# Ring in center of my photos?



## mozeyonover (May 8, 2016)

Last night I went outside and took some photos of the aurora lights.
I noticed that all my photos had a ring (pretty much in the center) that spread outwards.
I just want to know how to get rid of the ring and what causes it, Thank You.

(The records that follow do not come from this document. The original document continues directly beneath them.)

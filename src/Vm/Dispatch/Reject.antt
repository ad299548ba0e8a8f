-- ===== src/Vm/Dispatch/Reject.antt =====
-- The instructions of c/scheme48vm.c for arithmetic on two arguments, from the opcode to the frame for
-- the handler, where an argument is no fixnum.
use kali_scheme.Prelude.{ℕ, ◌≤◌, ◌⊎◌, Bool, false, ◌||◌, List, [], ◌∷◌, ◌==◌}

abbrev has_case {ℓ} : {A : Type ℓ} → ℕ → List (ℕ × A) → Bool
has_case opcode [] = false
has_case opcode ((c, a) ∷ cases) = opcode == c || has_case opcode cases

-- The opcodes of the instructions for arithmetic with two arguments.
abbrev pub IsBinary : ℕ → Type 0
IsBinary o = ((52 ≤ o) × (o ≤ 62)) ⊎ (((78 ≤ o) × (o ≤ 80)) ⊎ ((82 ≤ o) × (o ≤ 85)))
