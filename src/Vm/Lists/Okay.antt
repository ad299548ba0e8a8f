-- ===== src/Vm/Lists/Okay.antt =====
-- What `okay_argument_list` accepts: the hare and the tortoise on a chain of pairs.
use kali_scheme.Prelude.{
  ℕ, zero, suc, ◌+◌, ◌≤◌, ◌<◌, ◌≡◌, ◌↔◌, ◌∙◌, sym, subst, ap, refl, inl, inr, Bool, true, false,
  arith, ◌==◌, ==→≡, Bool-cases,
}
use kali_scheme.Heap.Memory.{Memory}
use kali_scheme.Heap.Trace.{Run, finished}
use kali_scheme.Vm.Pair.{is_pair, cdr, schnull}
use kali_scheme.Vm.Lists.{okay_loop, okay_argument_list}

-- A list of `n` pairs, wherever they lie.
abbrev pub Proper : Memory → (d n : ℕ) → Type 0
Proper m d zero = d ≡ schnull
Proper m d (suc n) = (is_pair m d ≡ true) × Proper m (cdr m d) n

pub is_pair-schnull : (m : Memory) → is_pair m schnull ≡ false
unfolding is_pair
is_pair-schnull m = refl

-- A list has one length.
Proper-unique : (m : Memory) (d a b : ℕ) → Proper m d a → Proper m d b → a ≡ b
Proper-unique m d zero zero p q = refl
Proper-unique m d zero (suc b) p q =
    let no : false ≡ true = sym (is_pair-schnull m) ∙ ap (is_pair m) (sym p) ∙ q.0 in cc no
Proper-unique m d (suc a) zero p q =
    let no : false ≡ true = sym (is_pair-schnull m) ∙ ap (is_pair m) (sym q) ∙ p.0 in cc no
Proper-unique m d (suc a) (suc b) p q = ap suc (Proper-unique m (cdr m d) a b p.1 q.1)

pub pair-not_schnull : (m : Memory) (d : ℕ) → is_pair m d ≡ true → (schnull == d) ≡ false
pair-not_schnull m d p = elim (Bool-cases (schnull == d)) [
  | inl e ↦
      let no : false ≡ true = sym (is_pair-schnull m) ∙ ap (is_pair m) (==→≡ schnull d e) ∙ p in
      cc no
  | inr e ↦ e
]

module _ (m : Memory) where
  at_end :
      (k len slow : ℕ) (b : Bool) → okay_loop (suc k) m schnull len slow b ≡ finished (true, len)
  unfolding okay_loop
  at_end k len slow b = refl

  pub first_move :
      (k fast len slow : ℕ)
      → is_pair m fast ≡ true
      → okay_loop (suc k) m fast len slow false ≡ okay_loop k m (cdr m fast) (1 + len) slow true
  unfolding okay_loop
  first_move k fast len slow p = rw (pair-not_schnull m fast p, p, okay_loop) refl

  pub second_move :
      (k fast len slow : ℕ)
      → is_pair m fast ≡ true
      → (fast == slow) ≡ false
      → okay_loop (suc k) m fast len slow true
        ≡ okay_loop k m (cdr m fast) (1 + len) (cdr m slow) false
  unfolding okay_loop
  second_move k fast len slow p e = rw (pair-not_schnull m fast p, p, e, okay_loop) refl

  pub met :
      (k fast len slow : ℕ)
      → is_pair m fast ≡ true
      → (fast == slow) ≡ true
      → okay_loop (suc k) m fast len slow true ≡ finished (false, 0)
  unfolding okay_loop
  met k fast len slow p e = rw (pair-not_schnull m fast p, p, e, okay_loop) refl

  -- The hare is ahead of the tortoise on a list.
  abbrev Behind : (move_slow : Bool) → (n s : ℕ) → Type 0
  Behind true n s = n < s
  Behind false n s = n ≤ s

  ahead-differs :
      (fast slow n s : ℕ) → Proper m fast n → Proper m slow s → n < s → (fast == slow) ≡ false
  ahead-differs fast slow n s p q lt = elim (Bool-cases (fast == slow)) [
    | inl e ↦
        let same : n ≡ s =
          Proper-unique m slow n s (subst (λ d. Proper m d n) (==→≡ fast slow e) p) q in
        absurd (omega (arith, same, lt))
    | inr e ↦ e
  ]

  okay_loop-Proper :
      (k fast len slow n s : ℕ) (b : Bool)
      → Proper m fast n
      → Proper m slow s
      → Behind b n s
      → n < k
      → okay_loop k m fast len slow b ≡ finished (true, len + n)
  okay_loop-Proper zero fast len slow n s b p q h fuel = absurd (omega (arith, fuel))
  okay_loop-Proper (suc k) fast len slow zero s b p q h fuel =
      ap (λ d. okay_loop (suc k) m d len slow b) p
      ∙ at_end k len slow b
      ∙ ap (λ (l : ℕ). finished (true, l)) (omega arith)
  okay_loop-Proper (suc k) fast len slow (suc n) s false p q h fuel =
      first_move k fast len slow p.0
      ∙ okay_loop-Proper k (cdr m fast) (1 + len) slow n s true p.1 q (omega arith) (omega arith)
      ∙ ap (λ (l : ℕ). finished (true, l)) (omega arith)
  okay_loop-Proper (suc k) fast len slow (suc n) zero true p q h fuel = absurd (omega (arith, h))
  okay_loop-Proper (suc k) fast len slow (suc n) (suc s) true p q h fuel =
      second_move k fast len slow p.0 (ahead-differs fast slow (suc n) (suc s) p q h)
      ∙ okay_loop-Proper k (cdr m fast) (1 + len) (cdr m slow) n s false p.1 q.1 (omega arith)
          (omega arith)
      ∙ ap (λ (l : ℕ). finished (true, l)) (omega arith)

abbrev value : Run (Bool × ℕ) → Bool × ℕ
value (finished r) = r
value _ = (false, 0)

abbrev Accepts : Memory → (fast len r : ℕ) → Type 0
Accepts m fast len r = (n : ℕ) × (r ≡ len + n) × Proper m fast n

module _ (m : Memory) where
  more :
      (fast len r : ℕ)
      → is_pair m fast ≡ true
      → Accepts m (cdr m fast) (1 + len) r
      → Accepts m fast len r
  more fast len r p (n, e, q) = (suc n, omega (arith, e), (p, q))

  pairs :
      (k fast len slow r : ℕ) (b : Bool)
      → ((len' slow' : ℕ) (b' : Bool)
          → okay_loop k m (cdr m fast) len' slow' b' ≡ finished (true, r)
          → Accepts m (cdr m fast) len' r)
      → okay_loop (suc k) m fast len slow b ≡ finished (true, r)
      → is_pair m fast ≡ true
      → Accepts m fast len r
  pairs k fast len slow r false rec h t =
      more fast len r t (rec (1 + len) slow true (sym (first_move m k fast len slow t) ∙ h))
  pairs k fast len slow r true rec h t = elim (Bool-cases (fast == slow)) [
    | inl e ↦ cc (ap (λ v. (value v).0) (sym (met m k fast len slow t e) ∙ h))
    | inr e ↦
        more fast len r t
          (rec (1 + len) (cdr m slow) false (sym (second_move m k fast len slow t e) ∙ h))
  ]

  okay_loop-sound :
      (k fast r len slow : ℕ) (b : Bool)
      → okay_loop k m fast len slow b ≡ finished (true, r)
      → Accepts m fast len r
  unfolding okay_loop
  okay_loop-sound zero fast r len slow b h = cc h
  okay_loop-sound (suc k) fast r len slow b h = elim (Bool-cases (schnull == fast)) [
    | inl e ↦
        let at : okay_loop (suc k) m fast len slow b ≡ finished (true, len) =
          rw (e, okay_loop) refl in
        (0, omega (arith, ap (λ v. (value v).1) (sym at ∙ h)), sym (==→≡ schnull fast e))
    | inr e ↦ elim (Bool-cases (is_pair m fast)) [
      | inr f ↦
          let at : okay_loop (suc k) m fast len slow b ≡ finished (false, 0) =
            rw (e, f, okay_loop) refl in
          cc (ap (λ v. (value v).0) (sym at ∙ h))
      | inl t ↦ pairs k fast len slow r b (okay_loop-sound k (cdr m fast) r) h t
    ]
  ]

-- With fuel for more rounds than `n`, `okay_argument_list` accepts an argument with the length `n`
-- exactly when the argument is a list of `n` pairs.
pub okay_argument_list-Proper :
    (k : ℕ) (m : Memory) (d n : ℕ)
    → n < k
    → (okay_argument_list k m d ≡ finished (true, n)) ↔ Proper m d n
unfolding okay_argument_list
okay_argument_list-Proper k m d n fuel = (
  (λ h.
      let (n', e, p) = okay_loop-sound m k d n 0 d false h in
      subst (Proper m d) (omega (arith, e)) p),
  (λ p.
      okay_loop-Proper m k d 0 d n n false p p (omega arith) fuel
      ∙ ap (λ (l : ℕ). finished (true, l)) (omega arith)),
)
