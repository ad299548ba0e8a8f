-- ===== src/Vm/Lists/Circle.antt =====
-- `okay_argument_list` on a circular chain of pairs.
use kali_scheme.Prelude.{
  ℕ, zero, suc, ◌+◌, ◌*◌, ◌-◌, ◌≤◌, ◌<◌, ◌≡◌, ◌∙◌, sym, ap, inl, inr, true, false, arith, ◌==◌,
  Bool-cases, ==_iff, ==→≡,
}
use kali_scheme.Heap.Memory.{Memory}
use kali_scheme.Heap.Trace.{finished}
use kali_scheme.Vm.Pair.{is_pair, cdr}
use kali_scheme.Vm.Lists.{okay_loop, okay_argument_list}
use kali_scheme.Vm.Lists.Okay.{first_move, second_move, met}

-- What is reached from `d` after `i` links.
abbrev pub rest : Memory → (d i : ℕ) → ℕ
rest m d zero = d
rest m d (suc i) = cdr m (rest m d i)

module _ (m : Memory) (d : ℕ) (pairs : (i : ℕ) → is_pair m (rest m d i) ≡ true) where
  equal_test : (a b : ℕ) → a ≡ b → (a == b) ≡ true
  equal_test a b e = (==_iff a b).1 e

  -- The tortoise is `s` links from the start and the hare `s + s`, or one more; they meet when the
  -- tortoise is `j` links from the start, if not before.
  module _ (j : ℕ) (circle : rest m d (suc (j + j)) ≡ rest m d j) where
    chase :
        (k s len fast : ℕ)
        → fast ≡ rest m d (s + s)
        → s ≤ j
        → 2 + (j - s) * 2 ≤ k
        → okay_loop k m fast len (rest m d s) false ≡ finished (false, 0)
    chase zero s len fast at low fuel = absurd (omega (arith, fuel))
    chase (suc zero) s len fast at low fuel = absurd (omega (arith, fuel))
    chase (suc (suc k)) s len fast at low fuel =
        let hare : cdr m fast ≡ rest m d (suc (s + s)) = ap (cdr m) at in
        let next : is_pair m (cdr m fast) ≡ true = ap (is_pair m) hare ∙ pairs (suc (s + s)) in
        first_move m (suc k) fast len (rest m d s) (ap (is_pair m) at ∙ pairs (s + s))
        ∙ elim (Bool-cases (cdr m fast == rest m d s)) [
          | inl e ↦ met m k (cdr m fast) (1 + len) (rest m d s) next e
          | inr e ↦ elim (Bool-cases (s == j)) [
            | inl t ↦
                let same : cdr m fast ≡ rest m d s =
                  hare
                  ∙ ap (λ i. rest m d (suc (i + i))) (==→≡ s j t)
                  ∙ circle
                  ∙ ap (rest m d) (sym (==→≡ s j t)) in
                let no : false ≡ true = sym e ∙ equal_test (cdr m fast) (rest m d s) same in cc no
            | inr t ↦
                second_move m k (cdr m fast) (1 + len) (rest m d s) next e
                ∙ chase k (suc s) (1 + (1 + len)) (cdr m (cdr m fast))
                    (ap (cdr m) hare ∙ ap (rest m d) double) (ground (arith, t, low))
                    (ground (arith, t, low, fuel))
          ]
        ]
      where
        double : suc (suc (s + s)) ≡ suc s + suc s
        double = omega arith

  module _ (i p : ℕ) (circle : rest m d (i + p) ≡ rest m d i) where
    to : (a b : ℕ) → a ≡ b → rest m d a ≡ rest m d b
    to a b e = ap (rest m d) e

    around : (t : ℕ) → rest m d (t + (i + p)) ≡ rest m d (t + i)
    around zero = to (0 + (i + p)) (i + p) (omega arith) ∙ circle ∙ to i (0 + i) (omega arith)
    around (suc t) =
        to (suc t + (i + p)) (suc (t + (i + p))) (omega arith)
        ∙ ap (cdr m) (around t)
        ∙ to (suc (t + i)) (suc t + i) (omega arith)

    again : (q t : ℕ) → rest m d (t + i + q * p) ≡ rest m d (t + i)
    again zero t = to (t + i + 0 * p) (t + i) (omega arith)
    again (suc q) t =
        to (t + i + suc q * p) (t + q * p + (i + p)) (omega arith)
        ∙ around (t + q * p)
        ∙ to (t + q * p + i) (t + i + q * p) (omega arith)
        ∙ again q t

enough_rounds : (i p : ℕ) → 0 < p → i < suc i * p
enough_rounds zero p h = omega (arith, h)
enough_rounds (suc i) p h = omega (arith, enough_rounds i p h, h)

-- An argument whose links all lead to pairs, and come back after `i` links and `p` more to where
-- they were after `i`, is refused, with fuel for `2 * (i + 1) * p` rounds: the loop ends there.
pub okay_argument_list-circle :
    (k : ℕ) (m : Memory) (d i p : ℕ)
    → ((x : ℕ) → is_pair m (rest m d x) ≡ true)
    → 0 < p
    → rest m d (i + p) ≡ rest m d i
    → 2 * (suc i * p) ≤ k
    → okay_argument_list k m d ≡ finished (false, 0)
unfolding okay_argument_list
okay_argument_list-circle k m d i p pairs positive circle fuel =
    let j : ℕ = suc i * p - 1 in
    let low : i < suc i * p = enough_rounds i p positive in
    chase m d pairs j
      (to m d pairs i p circle (suc (j + j)) (j - i + i + suc i * p) (omega (arith, low))
        ∙ again m d pairs i p circle (suc i) (j - i)
        ∙ to m d pairs i p circle (j - i + i) j (omega (arith, low)))
      k 0 0 d (λ i. d) (omega arith) (omega (arith, fuel, low))
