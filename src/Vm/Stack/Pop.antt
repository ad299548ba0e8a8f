-- ===== src/Vm/Stack/Pop.antt =====
-- What `pop_args_GlistS` leaves: a list of the arguments that stood on the stack.
use kali_scheme.Prelude.{
  ℕ, zero, suc, ◌+◌, ◌*◌, ◌%◌, ◌^◌, ◌≤◌, ◌<◌, ◌≡◌, ◌∙◌, sym, subst, ap, ◌⊎◌, List, ◌∷◌, arith,
}
use mathlib.Core.List.{reverse_aux}
use kali_scheme.Heap.Memory.{load, IsBytes, load-lt}
use kali_scheme.Heap.Space.{Space}
use kali_scheme.Heap.Copy.{Heap}
use kali_scheme.Vm.Pair.{put_pair, put_pair-out, put_pair-IsBytes, cons-put_pair}
use kali_scheme.Vm.Lists.{Holds}
use kali_scheme.Vm.Lists.Keep.{
  words, words-Agrees, Agrees, Agrees-trans, Agrees-wider, put_pair-Holds,
}
use kali_scheme.Vm.Stack.{pop_args}

abbrev pub moved_hp : Heap → ℕ → Space
moved_hp h hp = record h.space { hp = hp }

-- The space for `n` new pairs: from the heap pointer to `hi`.
pub record Room (n hi : ℕ) (h : Heap) : Type 0 where
  pub bytes : IsBytes h.memory
  pub aligned : h.space.hp % 4 ≡ 0
  pub enough : h.space.hp + 12 * n ≡ hi
  pub narrow : hi ≤ 2 ^ 32

-- The result of the loop on the heap `h`, for the list `items`.
pub record Popped (n stack hi top : ℕ) (h : Heap) (items : List ℕ) (r : ℕ × ℕ × Heap) : Type 0 where
  pub list : Holds hi top r.2.memory r.0 items
  pub small : r.0 < 2 ^ 32
  pub stack_after : r.1 ≡ stack + 4 * n
  pub space_after : r.2.space ≡ moved_hp h hi
  pub rest : Agrees h.space.hp hi h.memory r.2.memory
  pub bytes : IsBytes r.2.memory

-- The heap after one pair.
abbrev pub with_pair : (a b : ℕ) → Heap → Heap
with_pair a b h = record {
  space = moved_hp h (h.space.hp + 12);
  memory = put_pair h.memory h.space.hp a b;
}

pub with_pair-Agrees :
    (a b hi : ℕ) (h : Heap)
    → h.space.hp + 12 ≤ hi
    → Agrees h.space.hp hi h.memory (with_pair a b h).memory
with_pair-Agrees a b hi h room x o =
    put_pair-out h.memory h.space.hp a b x (ground (arith, room, o))

pub with_pair-Room : (a b n hi : ℕ) (h : Heap) → Room (suc n) hi h → Room n hi (with_pair a b h)
with_pair-Room a b n hi h r = record {
  bytes = put_pair-IsBytes h.memory h.space.hp a b r.bytes;
  aligned = omega (arith, r.aligned);
  enough = omega (arith, r.enough);
  narrow = r.narrow;
}

step :
    (n args stack : ℕ) (h : Heap)
    → pop_args (suc n) args stack h
      ≡ pop_args n (h.space.hp + 7) (stack + 4) (with_pair (load h.memory (stack + 4)) args h)
unfolding pop_args
step n args stack h =
    ap (λ (p : ℕ × Heap). pop_args n p.0 (stack + 4) p.1)
      (cons-put_pair (load h.memory (stack + 4)) args h)

earlier :
    (n a b stack hi top : ℕ) (h : Heap) (items : List ℕ) (r : ℕ × ℕ × Heap)
    → h.space.hp + 12 ≤ hi
    → Popped n (stack + 4) hi top (with_pair a b h) items r
    → Popped (suc n) stack hi top h items r
earlier n a b stack hi top h items r room p = record {
  list = p.list;
  small = p.small;
  stack_after = p.stack_after ∙ omega arith;
  space_after = p.space_after;
  rest =
      Agrees-trans h.space.hp hi h.memory (with_pair a b h).memory r.2.memory
        (with_pair-Agrees a b hi h room)
        (Agrees-wider (h.space.hp + 12) hi h.space.hp hi (with_pair a b h).memory r.2.memory
          (omega arith) (omega arith) p.rest);
  bytes = p.bytes;
}

-- `n` words are taken from the stack, where no new pair comes to lie, and the words that were
-- deepest on the stack come first in the list, before the list `xs` that the loop starts with. The
-- heap pointer moves over the new pairs, and no other byte of the memory changes.
pub pop_args-Popped :
    (n args stack hi top : ℕ) (h : Heap) (xs : List ℕ)
    → Room n hi h
    → hi ≤ top
    → args < 2 ^ 32
    → (stack + 4 + 4 * n ≤ h.space.hp) ⊎ (hi ≤ stack + 4)
    → Holds h.space.hp top h.memory args xs
    → Popped n stack hi top h
        (reverse_aux (words h.memory (stack + 4) n) xs)
        (pop_args n args stack h)
unfolding pop_args
pop_args-Popped zero args stack hi top h xs room inside small apart list =
    let same : h.space.hp ≡ hi = omega (arith, room.enough) in
    record {
      list = subst (λ lo. Holds lo top h.memory args xs) same list;
      small = small;
      stack_after = omega arith;
      space_after = λ i. moved_hp h (same i);
      rest = λ x o i. h.memory x;
      bytes = room.bytes;
    }
pop_args-Popped (suc n) args stack hi top h xs room inside small apart list =
    let a : ℕ = load h.memory (stack + 4) in
    let h' : Heap = with_pair a args h in
    let fits : h.space.hp + 12 ≤ hi = omega (arith, room.enough) in
    let same : words h'.memory (stack + 4 + 4) n ≡ words h.memory (stack + 4 + 4) n =
      words-Agrees n h.space.hp hi h.memory h'.memory (stack + 4 + 4)
        (with_pair-Agrees a args hi h fits) (ground (arith, apart)) in
    let after : Popped n (stack + 4) hi top h'
        (reverse_aux (words h'.memory (stack + 4 + 4) n) (a ∷ xs))
        (pop_args n (h.space.hp + 7) (stack + 4) h') =
      pop_args-Popped n (h.space.hp + 7) (stack + 4) hi top h' (a ∷ xs)
        (with_pair-Room a args n hi h room) inside (omega (arith, room.narrow, fits))
        (ground (arith, apart, fits))
        (put_pair-Holds h.space.hp top h.memory a args xs room.aligned (omega (arith, fits, inside))
          (load-lt h.memory (stack + 4) room.bytes) small list) in
    subst (Popped (suc n) stack hi top h (reverse_aux (words h.memory (stack + 4) (suc n)) xs))
      (sym (step n args stack h))
      (earlier n a args stack hi top h _ (pop_args n (h.space.hp + 7) (stack + 4) h') fits (
        subst
          (λ ws.
            Popped n (stack + 4) hi top h' (reverse_aux ws (a ∷ xs))
              (pop_args n (h.space.hp + 7) (stack + 4) h'))
          same after))
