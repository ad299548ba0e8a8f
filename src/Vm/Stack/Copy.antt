-- ===== src/Vm/Stack/Copy.antt =====
-- One round of the loop of `copy_listS`: a new pair, linked to the one before it.
pub mod Copied
use kali_scheme.Prelude.{
  ℕ, zero, suc, ◌+◌, ◌-◌, ◌*◌, ◌%◌, ◌^◌, ◌≤◌, ◌<◌, ◌≡◌, ◌∙◌, sym, subst, ap, refl, ◌⊎◌, inl, inr,
  true, false, Bool, List, [], ◌∷◌, length, arith, ◌==◌, ==_iff,
}
use kali_scheme.Heap.Memory.{
  Memory, load, store, store-out, load-store, load-agree_all, load-lt, IsBytes, store-IsBytes,
}
use kali_scheme.Heap.Copy.{Heap, data_address}
use kali_scheme.Vm.Pair.{
  schnull, is_pair, car, cdr, put_pair, put_pair-out, put_pair-IsBytes, put_pair-is_pair,
  car-put_pair, cdr-put_pair, cons-put_pair,
}
use kali_scheme.Vm.Lists.{IsOutside, Holds}
use kali_scheme.Vm.Lists.Keep.{
  Agrees, Agrees-trans, Agrees-wider, load-Agrees, car-Agrees, cdr-Agrees, Holds-Agrees,
}
use kali_scheme.Vm.Lists.Okay.{pair-not_schnull}
use kali_scheme.Vm.Stack.Pop.{moved_hp, Room, with_pair, with_pair-Room, with_pair-Agrees}
use kali_scheme.Vm.Stack.{Progress, done, ◌>>=◌, copy_rest, copy_pairs}

pub is_pair-same :
    (m m' : Memory) (d : ℕ) → load m (d - 7) ≡ load m' (d - 7) → is_pair m d ≡ is_pair m' d
unfolding is_pair
is_pair-same m m' d e = rw e (λ i. is_pair m' d)

-- The heap after one round of the loop.
abbrev pub linked : (a last : ℕ) → Heap → Heap
linked a last h = record (with_pair a schnull h) {
  memory = store (with_pair a schnull h).memory (data_address last + 4) (h.space.hp + 7);
}

module _ (k l last : ℕ) (h : Heap) where
  pub stop : l ≡ schnull → copy_rest (suc k) l last h ≡ done h
  unfolding copy_rest
  stop e = rw (e, copy_rest) refl

  pub round :
      (schnull == l) ≡ false
      → copy_rest (suc k) l last h
        ≡ copy_rest k
            (cdr (linked (car h.memory l) last h).memory l)
            (h.space.hp + 7)
            (linked (car h.memory l) last h)
  unfolding copy_rest
  round e =
      rw (e, copy_rest)
        (ap
          (λ (p : ℕ × Heap).
            let m = store p.1.memory (data_address last + 4) p.0 in
            copy_rest k (cdr m l) p.0 (record p.1 { memory = m }))
          (cons-put_pair (car h.memory l) schnull h))

-- What the loop leaves as it was: all but the new pairs and the word at `a`.
abbrev pub Keeps : (lo hi a : ℕ) → Memory → Memory → Type 0
Keeps lo hi a m m' = (x : ℕ) → (x < lo) ⊎ (hi ≤ x) → (x < a) ⊎ (a + 4 ≤ x) → m' x ≡ m x

load-Keeps :
    (lo hi a : ℕ) (m m' : Memory) (b : ℕ)
    → Keeps lo hi a m m'
    → (b + 4 ≤ lo) ⊎ (hi ≤ b)
    → (b + 4 ≤ a) ⊎ (a + 4 ≤ b)
    → load m' b ≡ load m b
load-Keeps lo hi a m m' b same p q =
    load-agree_all m m' b (λ x l u. same x (ground (arith, p, l, u)) (ground (arith, q, l, u)))

-- The result of the loop: `last` is linked to a new list of the elements `xs`, below `hi`.
pub record Linked (last hi top : ℕ) (h : Heap) (xs : List ℕ) (r : Heap) : Type 0 where
  pub list : Holds hi top r.memory (cdr r.memory last) xs
  pub space_after : r.space ≡ moved_hp h hi
  pub rest : Keeps h.space.hp hi (last - 3 + 4) h.memory r.memory
  pub bytes : IsBytes r.memory

module _ (a last lo n hi : ℕ) (h : Heap) (room : Room (suc n) hi h) (small : a < 2 ^ 32)
    (low : lo + 3 ≤ last) (behind : last + 5 ≤ h.space.hp) where
  pub fits : h.space.hp + 12 ≤ hi
  fits = omega (arith, room.enough)

  pub narrow : h.space.hp + 7 < 2 ^ 32
  narrow = omega (arith, fits, room.narrow)

  pub linked-Room : Room n hi (linked a last h)
  linked-Room =
      let r : Room n hi (with_pair a schnull h) = with_pair-Room a schnull n hi h room in
      record {
        bytes = store-IsBytes _ (last - 3 + 4) (h.space.hp + 7) r.bytes;
        aligned = r.aligned;
        enough = r.enough;
        narrow = r.narrow;
      }

  linked-Keeps : Keeps h.space.hp (h.space.hp + 12) (last - 3 + 4) h.memory (linked a last h).memory
  linked-Keeps x o p =
      store-out _ (last - 3 + 4) (h.space.hp + 7) x p
      ∙ put_pair-out h.memory h.space.hp a schnull x o

  pub linked-Agrees : Agrees lo hi h.memory (linked a last h).memory
  linked-Agrees x o =
      linked-Keeps x (ground (arith, o, fits, low, behind)) (ground (arith, o, fits, low, behind))

  abbrev paired : Memory
  paired = (with_pair a schnull h).memory

  load-linked : (b : ℕ) → h.space.hp ≤ b → load (linked a last h).memory b ≡ load paired b
  load-linked b l = load-agree_all paired (linked a last h).memory b (λ x l' u.
      store-out paired (last - 3 + 4) (h.space.hp + 7) x (inr (omega (arith, l, l', behind, low))))

  linked-last : cdr (linked a last h).memory last ≡ h.space.hp + 7
  linked-last = load-store paired (last - 3 + 4) (h.space.hp + 7) narrow

  pub linked-new : cdr (linked a last h).memory (h.space.hp + 7) ≡ schnull
  linked-new =
      load-linked (h.space.hp + 7 - 3 + 4) (omega arith)
      ∙ cdr-put_pair h.memory h.space.hp a schnull (omega arith)

  -- The new pair in the memory that the rest of the loop leaves.
  module _ (top : ℕ) (xs : List ℕ) (r : Heap)
      (p : Linked (h.space.hp + 7) hi top (linked a last h) xs r) where
    kept : (b : ℕ) → b + 4 ≤ h.space.hp + 8 → load r.memory b ≡ load (linked a last h).memory b
    kept b u =
        load-Keeps (h.space.hp + 12) hi (h.space.hp + 7 - 3 + 4) (linked a last h).memory r.memory b
          p.rest (inl (omega (arith, u))) (inl (omega (arith, u)))

    new-is_pair : h.space.hp % 4 ≡ 0 → is_pair r.memory (h.space.hp + 7) ≡ true
    new-is_pair aligned =
        is_pair-same r.memory paired (h.space.hp + 7)
          (kept (h.space.hp + 7 - 7) (omega arith) ∙ load-linked (h.space.hp + 7 - 7) (omega arith))
        ∙ put_pair-is_pair h.memory h.space.hp a schnull aligned

    new-car : car r.memory (h.space.hp + 7) ≡ a
    new-car =
        kept (h.space.hp + 7 - 3) (omega arith)
        ∙ load-linked (h.space.hp + 7 - 3) (omega arith)
        ∙ car-put_pair h.memory h.space.hp a schnull small

    last-cdr : cdr r.memory last ≡ h.space.hp + 7
    last-cdr = kept (last - 3 + 4) (omega (arith, behind, low)) ∙ linked-last

    pub Linked-first : Linked last hi top h (a ∷ xs) r
    Linked-first = record {
      list =
          subst (λ d. Holds hi top r.memory d (a ∷ xs)) (sym last-cdr)
            (
              (omega arith, inl (omega (arith, fits))),
              (new-is_pair room.aligned, (new-car, p.list)),
            );
      space_after = p.space_after;
      rest = λ x o q.
          p.rest x (ground (arith, o, fits)) (ground (arith, o, fits))
          ∙ linked-Keeps x (ground (arith, o, fits)) q;
      bytes = p.bytes;
    }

I was shooting on bulb between five and twenty seconds.
Camera: Nikon D7000
Lens: Tamron 18-50 2.8

I added a photo to this thread.


----------



## 480sparky (May 8, 2016)

Newtonian rings.


----------



## mozeyonover (May 8, 2016)

480sparky said:


> Newtonian rings.


Thank you!


----------



## KmH (May 8, 2016)

I bet you have a "protection"filter om the lens.
"Protection" filters usually cause more problems than they solve.
*Newton's rings*


----------



## astroNikon (May 8, 2016)

I thought it would have been Aliens.  

But the above 2 answers are probably much more accurate


----------



## Designer (May 8, 2016)

Ooo...Weeee...Ooooo!


----------



## KmH (May 8, 2016)

Probably UVerian Drcvclmstorn nutoids from Gamma Doradus in the Eta Corvi system. They're only 60 light years away.


----------



## dennybeall (Jun 3, 2016)

Was it a long exposure and did you cover the eyepiece?


----------